Only one stretch of the data below is wanted: the lines starting at the one with "Option RouteObject) where" and ending at the one with "on_result (inr xs)", both included, given again exactly.
─── Data listing
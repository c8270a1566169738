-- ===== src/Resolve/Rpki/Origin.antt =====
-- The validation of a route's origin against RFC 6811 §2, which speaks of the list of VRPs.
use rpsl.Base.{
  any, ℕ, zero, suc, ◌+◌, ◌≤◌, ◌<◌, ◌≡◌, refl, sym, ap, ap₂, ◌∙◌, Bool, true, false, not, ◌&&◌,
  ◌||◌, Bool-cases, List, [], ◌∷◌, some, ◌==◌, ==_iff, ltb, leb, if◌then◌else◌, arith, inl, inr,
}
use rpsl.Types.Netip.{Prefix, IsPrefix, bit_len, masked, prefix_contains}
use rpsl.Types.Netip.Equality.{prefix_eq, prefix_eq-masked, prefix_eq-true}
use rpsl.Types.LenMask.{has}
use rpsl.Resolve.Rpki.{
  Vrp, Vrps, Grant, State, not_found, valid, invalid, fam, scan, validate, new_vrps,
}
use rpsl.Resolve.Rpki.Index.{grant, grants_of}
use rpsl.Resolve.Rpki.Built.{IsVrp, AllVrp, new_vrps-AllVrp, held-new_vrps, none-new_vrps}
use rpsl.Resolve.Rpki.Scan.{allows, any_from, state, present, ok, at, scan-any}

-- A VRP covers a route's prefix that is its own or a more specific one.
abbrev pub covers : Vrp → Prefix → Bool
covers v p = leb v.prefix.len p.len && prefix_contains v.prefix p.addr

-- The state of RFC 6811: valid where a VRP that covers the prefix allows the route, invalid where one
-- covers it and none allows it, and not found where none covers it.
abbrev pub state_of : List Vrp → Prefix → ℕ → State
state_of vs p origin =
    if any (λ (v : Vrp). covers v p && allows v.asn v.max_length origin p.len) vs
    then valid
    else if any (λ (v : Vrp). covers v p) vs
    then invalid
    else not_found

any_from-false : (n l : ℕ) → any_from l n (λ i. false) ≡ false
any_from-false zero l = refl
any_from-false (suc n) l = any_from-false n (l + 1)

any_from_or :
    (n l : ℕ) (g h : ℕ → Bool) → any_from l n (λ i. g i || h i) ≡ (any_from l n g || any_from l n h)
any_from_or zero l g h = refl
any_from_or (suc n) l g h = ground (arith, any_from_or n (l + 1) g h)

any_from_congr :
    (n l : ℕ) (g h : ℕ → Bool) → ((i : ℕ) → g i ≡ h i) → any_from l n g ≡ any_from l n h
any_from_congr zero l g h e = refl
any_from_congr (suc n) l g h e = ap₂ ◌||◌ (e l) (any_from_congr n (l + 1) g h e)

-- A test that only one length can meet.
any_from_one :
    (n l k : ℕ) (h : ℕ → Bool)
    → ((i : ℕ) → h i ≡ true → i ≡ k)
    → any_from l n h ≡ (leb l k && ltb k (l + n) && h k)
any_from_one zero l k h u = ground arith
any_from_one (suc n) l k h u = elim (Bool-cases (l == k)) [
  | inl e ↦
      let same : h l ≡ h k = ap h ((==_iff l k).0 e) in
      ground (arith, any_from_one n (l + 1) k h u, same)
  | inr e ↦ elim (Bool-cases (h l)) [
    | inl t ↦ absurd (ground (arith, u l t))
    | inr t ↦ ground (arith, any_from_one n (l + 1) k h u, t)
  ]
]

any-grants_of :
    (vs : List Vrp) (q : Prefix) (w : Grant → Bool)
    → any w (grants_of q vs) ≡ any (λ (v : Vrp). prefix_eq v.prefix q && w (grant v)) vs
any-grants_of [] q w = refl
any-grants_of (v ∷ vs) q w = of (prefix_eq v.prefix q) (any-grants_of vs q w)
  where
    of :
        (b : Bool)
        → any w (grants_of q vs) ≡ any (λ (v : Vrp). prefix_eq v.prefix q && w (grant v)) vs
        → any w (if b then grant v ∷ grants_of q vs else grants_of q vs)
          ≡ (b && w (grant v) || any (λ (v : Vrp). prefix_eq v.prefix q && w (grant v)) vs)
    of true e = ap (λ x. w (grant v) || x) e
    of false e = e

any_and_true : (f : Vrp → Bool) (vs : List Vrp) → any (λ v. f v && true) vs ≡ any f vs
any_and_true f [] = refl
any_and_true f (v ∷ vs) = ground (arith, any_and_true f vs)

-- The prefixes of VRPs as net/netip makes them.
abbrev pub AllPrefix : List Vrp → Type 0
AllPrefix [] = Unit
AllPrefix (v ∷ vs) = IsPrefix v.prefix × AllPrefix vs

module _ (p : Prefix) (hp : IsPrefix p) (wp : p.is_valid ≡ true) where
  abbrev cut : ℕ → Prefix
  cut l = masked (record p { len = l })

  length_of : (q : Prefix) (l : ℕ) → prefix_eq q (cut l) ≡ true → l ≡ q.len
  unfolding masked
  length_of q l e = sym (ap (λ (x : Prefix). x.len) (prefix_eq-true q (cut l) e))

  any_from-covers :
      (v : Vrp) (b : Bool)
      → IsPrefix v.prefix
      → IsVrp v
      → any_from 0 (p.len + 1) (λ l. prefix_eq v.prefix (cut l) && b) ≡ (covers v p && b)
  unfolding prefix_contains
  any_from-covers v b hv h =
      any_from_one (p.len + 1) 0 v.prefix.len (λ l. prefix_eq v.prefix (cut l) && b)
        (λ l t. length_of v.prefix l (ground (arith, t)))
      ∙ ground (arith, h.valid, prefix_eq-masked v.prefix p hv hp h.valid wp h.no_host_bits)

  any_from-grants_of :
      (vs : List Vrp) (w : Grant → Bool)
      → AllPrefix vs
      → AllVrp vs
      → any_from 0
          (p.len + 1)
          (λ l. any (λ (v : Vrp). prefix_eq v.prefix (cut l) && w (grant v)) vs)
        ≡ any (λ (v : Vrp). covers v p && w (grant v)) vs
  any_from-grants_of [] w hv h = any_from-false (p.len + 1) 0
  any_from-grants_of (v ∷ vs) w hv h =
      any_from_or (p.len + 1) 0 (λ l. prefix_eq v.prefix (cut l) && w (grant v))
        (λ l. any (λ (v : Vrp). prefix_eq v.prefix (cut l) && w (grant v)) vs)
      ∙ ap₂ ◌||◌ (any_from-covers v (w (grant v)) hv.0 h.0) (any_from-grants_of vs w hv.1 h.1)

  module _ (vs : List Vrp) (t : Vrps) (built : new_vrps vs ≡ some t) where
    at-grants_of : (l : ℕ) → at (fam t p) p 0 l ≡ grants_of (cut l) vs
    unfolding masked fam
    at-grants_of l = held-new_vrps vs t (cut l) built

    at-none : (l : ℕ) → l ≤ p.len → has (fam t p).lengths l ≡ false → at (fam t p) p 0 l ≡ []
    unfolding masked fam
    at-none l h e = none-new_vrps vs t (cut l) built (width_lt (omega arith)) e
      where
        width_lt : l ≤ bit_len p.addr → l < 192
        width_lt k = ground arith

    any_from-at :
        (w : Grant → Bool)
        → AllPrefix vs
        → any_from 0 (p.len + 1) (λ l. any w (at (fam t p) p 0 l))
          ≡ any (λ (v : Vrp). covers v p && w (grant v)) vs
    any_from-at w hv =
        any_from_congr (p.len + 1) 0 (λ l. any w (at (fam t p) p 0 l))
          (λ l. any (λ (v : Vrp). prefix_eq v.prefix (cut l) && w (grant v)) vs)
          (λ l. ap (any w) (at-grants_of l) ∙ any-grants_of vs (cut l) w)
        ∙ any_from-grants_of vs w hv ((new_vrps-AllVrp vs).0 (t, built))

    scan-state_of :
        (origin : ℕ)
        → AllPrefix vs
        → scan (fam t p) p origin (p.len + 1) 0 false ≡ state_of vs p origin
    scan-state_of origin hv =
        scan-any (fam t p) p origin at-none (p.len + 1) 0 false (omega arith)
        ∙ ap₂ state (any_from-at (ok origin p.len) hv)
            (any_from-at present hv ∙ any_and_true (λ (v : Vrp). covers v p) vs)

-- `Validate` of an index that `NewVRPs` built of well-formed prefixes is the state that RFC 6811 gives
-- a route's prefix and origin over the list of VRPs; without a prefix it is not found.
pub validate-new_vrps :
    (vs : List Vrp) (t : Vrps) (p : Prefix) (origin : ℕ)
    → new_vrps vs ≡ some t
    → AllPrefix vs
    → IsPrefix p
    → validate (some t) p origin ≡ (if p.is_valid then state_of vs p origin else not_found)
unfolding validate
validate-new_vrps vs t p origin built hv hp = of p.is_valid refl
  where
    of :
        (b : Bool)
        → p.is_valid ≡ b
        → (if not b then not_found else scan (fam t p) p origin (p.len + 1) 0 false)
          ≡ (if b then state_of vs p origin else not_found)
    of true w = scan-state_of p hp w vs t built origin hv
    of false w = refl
──────
─── Data listing
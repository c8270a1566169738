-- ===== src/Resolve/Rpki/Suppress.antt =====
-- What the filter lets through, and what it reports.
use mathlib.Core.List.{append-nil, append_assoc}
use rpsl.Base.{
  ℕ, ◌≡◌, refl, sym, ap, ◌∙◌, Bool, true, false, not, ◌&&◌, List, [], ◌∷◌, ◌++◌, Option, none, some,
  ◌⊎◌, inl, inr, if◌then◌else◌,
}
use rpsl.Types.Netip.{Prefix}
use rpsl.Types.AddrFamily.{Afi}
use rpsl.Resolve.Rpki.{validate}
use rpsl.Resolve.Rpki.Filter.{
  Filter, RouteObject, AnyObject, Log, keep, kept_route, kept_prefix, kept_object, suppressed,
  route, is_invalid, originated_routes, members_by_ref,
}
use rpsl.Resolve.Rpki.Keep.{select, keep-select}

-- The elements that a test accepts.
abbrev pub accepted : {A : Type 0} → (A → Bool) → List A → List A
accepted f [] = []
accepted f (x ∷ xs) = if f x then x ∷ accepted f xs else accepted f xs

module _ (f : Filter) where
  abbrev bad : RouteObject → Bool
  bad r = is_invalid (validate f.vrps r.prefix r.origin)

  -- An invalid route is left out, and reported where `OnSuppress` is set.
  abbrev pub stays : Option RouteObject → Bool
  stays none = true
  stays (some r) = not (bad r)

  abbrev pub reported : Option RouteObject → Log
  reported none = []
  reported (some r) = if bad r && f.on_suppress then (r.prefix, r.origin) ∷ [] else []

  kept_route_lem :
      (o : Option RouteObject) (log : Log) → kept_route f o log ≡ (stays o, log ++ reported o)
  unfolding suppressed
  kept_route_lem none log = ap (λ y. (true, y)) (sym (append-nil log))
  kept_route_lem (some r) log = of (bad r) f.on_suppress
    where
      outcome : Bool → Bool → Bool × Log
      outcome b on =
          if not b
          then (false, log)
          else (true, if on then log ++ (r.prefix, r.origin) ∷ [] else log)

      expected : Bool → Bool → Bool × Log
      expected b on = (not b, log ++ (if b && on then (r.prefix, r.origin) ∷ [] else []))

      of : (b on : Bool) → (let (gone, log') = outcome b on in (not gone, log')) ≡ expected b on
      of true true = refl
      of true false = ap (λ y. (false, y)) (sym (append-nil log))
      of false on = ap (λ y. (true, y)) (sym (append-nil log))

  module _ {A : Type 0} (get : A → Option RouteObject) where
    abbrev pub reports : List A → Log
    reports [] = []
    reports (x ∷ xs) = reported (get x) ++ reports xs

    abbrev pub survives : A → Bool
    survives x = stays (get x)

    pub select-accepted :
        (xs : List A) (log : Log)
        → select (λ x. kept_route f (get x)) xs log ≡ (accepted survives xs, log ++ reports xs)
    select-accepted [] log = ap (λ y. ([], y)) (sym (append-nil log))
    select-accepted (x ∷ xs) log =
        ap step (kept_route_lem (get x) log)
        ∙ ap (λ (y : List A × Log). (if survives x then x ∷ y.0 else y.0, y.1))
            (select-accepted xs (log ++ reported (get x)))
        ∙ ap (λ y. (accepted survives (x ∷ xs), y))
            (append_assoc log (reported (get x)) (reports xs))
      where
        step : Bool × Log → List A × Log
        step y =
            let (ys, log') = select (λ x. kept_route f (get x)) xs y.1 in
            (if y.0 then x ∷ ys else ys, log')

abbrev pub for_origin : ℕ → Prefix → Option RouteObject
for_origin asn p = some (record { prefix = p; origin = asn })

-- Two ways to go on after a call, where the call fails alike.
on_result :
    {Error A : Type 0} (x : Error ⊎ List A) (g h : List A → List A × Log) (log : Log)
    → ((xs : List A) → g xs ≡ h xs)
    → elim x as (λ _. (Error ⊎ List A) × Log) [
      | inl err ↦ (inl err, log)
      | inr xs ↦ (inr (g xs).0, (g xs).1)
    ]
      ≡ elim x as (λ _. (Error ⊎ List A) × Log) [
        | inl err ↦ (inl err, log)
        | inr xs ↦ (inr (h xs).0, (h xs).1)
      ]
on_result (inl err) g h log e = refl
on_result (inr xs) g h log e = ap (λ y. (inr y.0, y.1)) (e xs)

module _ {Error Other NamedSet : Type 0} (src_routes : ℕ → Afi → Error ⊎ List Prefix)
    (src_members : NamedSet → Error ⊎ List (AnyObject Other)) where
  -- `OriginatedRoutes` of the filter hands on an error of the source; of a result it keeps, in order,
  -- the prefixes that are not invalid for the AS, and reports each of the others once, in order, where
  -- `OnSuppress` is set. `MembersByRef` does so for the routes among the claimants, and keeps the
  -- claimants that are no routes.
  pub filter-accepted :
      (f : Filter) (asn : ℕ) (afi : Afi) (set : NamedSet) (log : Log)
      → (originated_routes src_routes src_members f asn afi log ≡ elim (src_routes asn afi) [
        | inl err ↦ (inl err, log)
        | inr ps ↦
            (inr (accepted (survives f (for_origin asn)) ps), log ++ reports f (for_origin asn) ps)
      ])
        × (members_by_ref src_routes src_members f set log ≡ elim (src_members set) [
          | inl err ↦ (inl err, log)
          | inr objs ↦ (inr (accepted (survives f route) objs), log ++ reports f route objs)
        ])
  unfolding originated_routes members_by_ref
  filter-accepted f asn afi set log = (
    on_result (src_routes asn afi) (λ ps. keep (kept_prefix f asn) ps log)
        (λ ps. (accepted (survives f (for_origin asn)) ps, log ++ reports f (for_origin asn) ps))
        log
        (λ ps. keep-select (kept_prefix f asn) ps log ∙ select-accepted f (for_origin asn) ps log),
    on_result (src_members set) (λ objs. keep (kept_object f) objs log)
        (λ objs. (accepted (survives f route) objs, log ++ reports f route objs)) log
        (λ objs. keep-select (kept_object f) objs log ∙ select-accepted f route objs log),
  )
──────
Solution for this exercise
  module _ {A : Type 0} (get : A → Option RouteObject) where
    abbrev pub reports : List A → Log
    reports [] = []
    reports (x ∷ xs) = reported (get x) ++ reports xs

    abbrev pub survives : A → Bool
    survives x = stays (get x)

    pub select-accepted :
        (xs : List A) (log : Log)
        → select (λ x. kept_route f (get x)) xs log ≡ (accepted survives xs, log ++ reports xs)
    select-accepted [] log = ap (λ y. ([], y)) (sym (append-nil log))
    select-accepted (x ∷ xs) log =
        ap step (kept_route_lem (get x) log)
        ∙ ap (λ (y : List A × Log). (if survives x then x ∷ y.0 else y.0, y.1))
            (select-accepted xs (log ++ reported (get x)))
        ∙ ap (λ y. (accepted survives (x ∷ xs), y))
            (append_assoc log (reported (get x)) (reports xs))
      where
        step : Bool × Log → List A × Log
        step y =
            let (ys, log') = select (λ x. kept_route f (get x)) xs y.1 in
            (if y.0 then x ∷ ys else ys, log')

abbrev pub for_origin : ℕ → Prefix → Option RouteObject
for_origin asn p = some (record { prefix = p; origin = asn })

-- Two ways to go on after a call, where the call fails alike.
on_result :
    {Error A : Type 0} (x : Error ⊎ List A) (g h : List A → List A × Log) (log : Log)
    → ((xs : List A) → g xs ≡ h xs)
    → elim x as (λ _. (Error ⊎ List A) × Log) [
      | inl err ↦ (inl err, log)
      | inr xs ↦ (inr (g xs).0, (g xs).1)
    ]
      ≡ elim x as (λ _. (Error ⊎ List A) × Log) [
        | inl err ↦ (inl err, log)
        | inr xs ↦ (inr (h xs).0, (h xs).1)
      ]
on_result (inl err) g h log e = refl
on_result (inr xs) g h log e = ap (λ y. (inr y.0, y.1)) (e xs)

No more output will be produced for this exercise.